Start of Data supplied

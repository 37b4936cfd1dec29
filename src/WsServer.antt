-- ===== src/WsServer.antt =====
-- src/infra/transport_ws/ws_json_or_binary_server.rs: what serves a path, and what `run` returns. Listening and
-- serving are of tokio and axum, and their outcomes are arguments.
use Prim.Native.String
use can_bridge_daemon.Prelude.{String, Option, none, some, Result, ok, err, str_eq, if◌then◌else◌}

pub data Handler : Type 0 where
  ws_jsonl_handler ws_binary_handler : Handler

-- The router, on a path.
unfoldable pub route : String → Option Handler
route path =
    if str_eq path "/ws/text"
    then some Handler.ws_jsonl_handler
    else if str_eq path "/ws/binary"
    then some Handler.ws_binary_handler
    else none

-- `run` on an address of the text `addr`, with the outcomes of `bind` and of `serve`; an error is the text of its
-- outermost context.
unfoldable pub run :
    String → Result String (Unit {0}) → Result String (Unit {0}) → Result String (Unit {0})
run addr (err e) serve = err (String.◌++◌ "failed to bind WS listener on " addr)
run addr (ok _) (err e) = err "axum serve failed"
run addr (ok _) (ok _) = ok tt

End of Data supplied

> **Work order**
Having read the entries above, restate them all word for word.

> **Exercise response**
repository 37b4936cfd1dec29
filename src/WsServer.antt
-- ===== src/WsServer.antt =====
-- src/infra/transport_ws/ws_json_or_binary_server.rs: what serves a path, and what `run` returns. Listening and
-- serving are of tokio and axum, and their outcomes are arguments.
use Prim.Native.String
use can_bridge_daemon.Prelude.{String, Option, none, some, Result, ok, err, str_eq, if◌then◌else◌}

pub data Handler : Type 0 where
  ws_jsonl_handler ws_binary_handler : Handler

-- The router, on a path.
unfoldable pub route : String → Option Handler
route path =
    if str_eq path "/ws/text"
    then some Handler.ws_jsonl_handler
    else if str_eq path "/ws/binary"
    then some Handler.ws_binary_handler
    else none

-- `run` on an address of the text `addr`, with the outcomes of `bind` and of `serve`; an error is the text of its
-- outermost context.
unfoldable pub run :
    String → Result String (Unit {0}) → Result String (Unit {0}) → Result String (Unit {0})
run addr (err e) serve = err (String.◌++◌ "failed to bind WS listener on " addr)
run addr (ok _) (err e) = err "axum serve failed"
run addr (ok _) (ok _) = ok tt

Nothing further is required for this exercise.